Provide a complete summary:

## Bug Fix Complete
 
### Original Error
[Stack trace / error message]
 
### Root Cause
[Concise explanation]
 
### Fix
**File**: `path/to/file.py`
**Change**: [Description of the fix]
 
### Regression Test
**File**: `tests/path/to/test.py`
**Test**: `test_<name>`
 
### Verification
- Regression test passes
- Related tests pass
- Full test suite passes
- Linting passes

Phase 8: Pull Request

After verification passes, offer to create a PR.

8.1 Ask About PR Creation

Use AskUserQuestion:

Bug fix complete and verified.
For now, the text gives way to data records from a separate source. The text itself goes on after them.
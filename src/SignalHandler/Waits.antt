-- ===== src/SignalHandler/Waits.antt =====
-- service/detail/signalhandler.cpp: how many waits for a signal are in flight.
use libservice.Prelude.{ℕ, suc, ◌+◌, ◌<◌, none, some, List, [], ◌∷◌, ◌≡◌, arith}
use libservice.SignalHandler.{
  Handler, Event, signalled, accepted, posted, operation_aborted, other_error, run_event, poll,
}

-- How many waits ended by an abort, and by another error.
abbrev pub aborts : List Event → ℕ
aborts [] = 0
aborts (signalled (some operation_aborted) s ∷ es) = suc (aborts es)
aborts (_ ∷ es) = aborts es

abbrev pub errors : List Event → ℕ
errors [] = 0
errors (signalled (some other_error) s ∷ es) = suc (errors es)
errors (_ ∷ es) = errors es

-- A wait that ends with a signal is started again, one that is aborted is not; each wait that ends
-- with another error is started twice, so that the waits in flight grow by one with every such error.
pub poll_waits :
    (es : List Event) (h : Handler)
    → aborts es < h.local.waits
    → (poll es h).0.local.waits + aborts es ≡ h.local.waits + errors es
unfolding poll run_event
poll_waits [] h room = ground arith
poll_waits (signalled none s ∷ es) h room =
    ground (arith, poll_waits es (run_event (signalled none s) h).0)
poll_waits (signalled (some operation_aborted) s ∷ es) h room =
    ground (arith, poll_waits es (run_event (signalled (some operation_aborted) s) h).0)
poll_waits (signalled (some other_error) s ∷ es) h room =
    ground (arith, poll_waits es (run_event (signalled (some other_error) s) h).0)
poll_waits (accepted e ∷ es) h room = ground (arith, poll_waits es (run_event (accepted e) h).0)
poll_waits (posted s ∷ es) h room = ground (arith, poll_waits es (run_event (posted s) h).0)
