-- ===== src/Tests.antt =====
-- Concrete environments, and the theorems at inputs that meet their hypotheses.
pub mod Environments
pub mod PidFiles
pub mod Signals
pub mod Handlers
pub mod Control
pub mod Startups
pub mod Options
pub mod Programs
pub mod Clients
pub mod Kernels
pub mod Defaults
pub mod Elevated
pub mod Declared
pub mod Successes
Would you like me to open a Pull Request?

- Yes, create PR targeting main/master
- Yes, but target a different branch
- No, I'll handle the PR myself

8.2 Create the PR

If approved, create the PR:

git add -A
git commit -m "fix: <concise description of what was fixed>
 
Root cause: <brief explanation>
Solution: <what was changed>
 
Adds regression test to prevent recurrence."
 
git push -u origin <branch-name>
 
gh pr create --title "fix: <concise description>" --body "## Summary
<1-2 sentences explaining what this PR fixes>
 
## Problem
<What was the bug - error type, when it occurred, impact>
 
## Root Cause
<Why the bug happened - 1-2 sentences>
 
## Solution
<How it was fixed - 2-4 bullet points>
 
## Changes
- \`path/to/file.py\`: <what changed>
- \`tests/path/to/test.py\`: <regression test added>
 
## Testing
- Added regression test: \`test_<name>\`
- Verified fix with <reproduction method>
- All existing tests pass
 
## Notes for Reviewers
<optional - edge cases considered, alternative approaches rejected, etc.>"
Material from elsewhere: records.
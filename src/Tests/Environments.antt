-- ===== src/Tests/Environments.antt =====
-- An environment in which every call succeeds, and the variations that the tests need.
use libservice.Prelude.{◌*◌, pos, lit, Text, some, true}
use libservice.Os.{Env, create_excl, read_write, read_only, ok, fail, in_child, end_of_file, Passwd}
use libservice.PidFile.{eexist, eagain, ebadf}
use libservice.PidFile.Signalling.{sleeps_in}

abbrev pub user_entry : Passwd
user_entry = record {
  uid = 1000;
  gid = 1000;
  name = lit "daemon";
  dir = lit "/";
  shell = lit "/bin/sh";
}

-- The clocks go on by a second with every sleep.
abbrev pub calm : Env
calm = record {
  getpid = λ t. pos 100;
  errno = λ t. 0;
  opens = λ t mode path. ok 3;
  fdopens = λ t fd. ok tt;
  scans = λ t fd. some (pos 77);
  locks = λ t fd. ok tt;
  unlinks = λ t path. ok tt;
  kills = λ t pid signo. ok tt;
  clock = λ t. sleeps_in t;
  steady = λ t. sleeps_in t * 1000000000;
  makes_directories = λ t path. ok tt;
  parent_path = λ path. path;
  cast_time = λ s. some (pos 2);
  succeeds = λ t c. ok tt;
  users = λ t name. some user_entry;
  groups = λ t name. some 50;
  users_by_id = λ t uid. some user_entry;
  effective = λ t. record { uid = 0; gid = 0 };
  pipes = λ t. ok (6, 7);
  forks = λ t. in_child;
  reads = λ t fd. end_of_file;
  opens_null = λ t. pos 9;
  receives = λ t fd. ok (lit "ready");
  sends = λ t fd s. ok tt;
  running = λ t. true;
  contents = λ t path. some (lit "");
  written = λ t path. some (pos 5);
  absolute = λ path. path;
}

-- Another process, 77, holds the lock of the pid file.
abbrev pub occupied : Env
occupied = record calm {
  opens =
      λ t mode path. elim mode [ create_excl ↦ fail eexist | read_write ↦ ok 4 | read_only ↦ ok 5 ];
  locks = λ t fd. fail eagain;
}

-- The lock is refused on a descriptor that was opened for reading only.
abbrev pub read_only_lock : Env
read_only_lock = record calm {
  opens = λ t mode path. elim mode [ create_excl ↦ ok 3 | read_write ↦ ok 4 | read_only ↦ ok 5 ];
  locks = λ t fd. fail ebadf;
}

abbrev pub pid_path : Text
pid_path = lit "/run/service.pid"
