-- ===== src/Tests/Clients.antt =====
-- Clients, sessions, pipes and runnables at concrete inputs.
use libservice.Prelude.{
  ℕ, suc, Text, lit, true, false, none, List, [], ◌∷◌, ◌++◌, ◌≡◌, refl, text_eq, ◌==◌,
  if◌then◌else◌,
}
use libservice.Os.{Env, read_packet, write_packet, Trace, Answer, ok, fail, ◌>>=◌}
use libservice.SignalHandler.{sigint}
use libservice.Running.{Ended, answers, construct}
use libservice.Running.Stopping.{answers_until}
use libservice.Ctrl.Client.{lines, connection_error}
use libservice.NetClient.{Peer}
use libservice.CtrlTool.{interact}
use libservice.CtrlTool.Sessions.{interact-talk}
use libservice.PipeNotifier.Packets.{rest_of}
use libservice.Tests.Environments.{calm}

abbrev interrupt : Ended
interrupt = record { error = none; signo = sigint }

abbrev hangup : Ended
hangup = record { error = none; signo = 1 }

answers_until_example :
    answers ((hangup ∷ []) ∷ (interrupt ∷ []) ∷ [] ∷ []) construct ≡ true ∷ false ∷ false ∷ []
answers_until_example = answers_until ((hangup ∷ []) ∷ []) ([] ∷ []) (interrupt ∷ []) refl refl

-- A peer that knows two commands, and hangs up at the second.
abbrev hanging_up : Peer ℕ
hanging_up command c =
    if text_eq command (lit "stat")
    then (lines (lit "well" ∷ []), suc c)
    else (connection_error, suc c)

interact-talk_example :
    let s =
      interact
        (lit "tool")
        (lit "closed")
        hanging_up
        []
        (lit "stat" ∷ [] ∷ lit "quit" ∷ lit "stat" ∷ [])
        0 in
    (s.peer ≡ 2) × (s.code ≡ 1)
interact-talk_example =
    interact-talk (lit "tool") (lit "closed") hanging_up []
      (lit "stat" ∷ [] ∷ lit "quit" ∷ lit "stat" ∷ []) 0

-- A pipe between the descriptors 6 and 7 that keeps packets in their order.
pending : Trace → List Text
pending [] = []
pending (write_packet fd s ∷ t) =
    let before = pending t in if fd == 7 then before ++ s ∷ [] else before
pending (read_packet fd ∷ t) = let before = pending t in if fd == 6 then rest_of before else before
pending (_ ∷ t) = pending t

abbrev oldest : List Text → Answer Text
oldest [] = fail 11
oldest (s ∷ ss) = ok s

abbrev piped : Env
piped = record calm { receives = λ t fd. oldest (pending t); sends = λ t fd s. ok tt }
Claude PR review will automatically add deeper analysis after the PR is created.

8.3 Clean Up Worktree (If Applicable)

If working in a separate worktree, offer cleanup:

Use AskUserQuestion:

PR created. Would you like me to clean up the worktree?

- Yes, remove the worktree and switch back to main repo
- No, keep the worktree around

If yes, run the cleanup script:

.claude/skills/bug-fix/scripts/cleanup-worktree.sh

This checks for uncommitted changes, navigates back to the main repo, and removes the worktree.

Key Principles

Understand Before Fixing

  • Never fix what you don't understand
  • Form a clear hypothesis of root cause
  • Confirm with the user before proceeding

Test First (TDD)

  • Write the failing test BEFORE the fix
  • The test captures the bug behavior
  • The test prevents regression

Minimal Fix

  • Fix the bug, nothing more
  • Don't refactor adjacent code
  • Don't add unrelated improvements

Verify Thoroughly

  • Test must fail before fix
  • Test must pass after fix
  • No regressions in related code

Common Bug Patterns

NoneType / AttributeError

  • Check for missing null checks
  • Verify optional fields are handled
  • Look for deleted/missing related objects

KeyError / IndexError

  • Check input validation
  • Verify data structure assumptions
  • Look for edge cases in collections

Type Errors

  • Check type hint mismatches
  • Verify Pydantic model fields
  • Look for incorrect type coercion

Database / Query Errors

  • Check query parameters
  • Verify relationship handling
  • Look for missing migrations

Async / Temporal Errors

  • Check activity error handling
  • Verify workflow state assumptions
  • Look for race conditions

Begin

  1. Parse the error from: $ARGUMENTS
  2. Extract file locations and error details
  3. Read the code at the error location
  4. Begin investigation with Explore agent

Start by understanding the error and locating it in the codebase.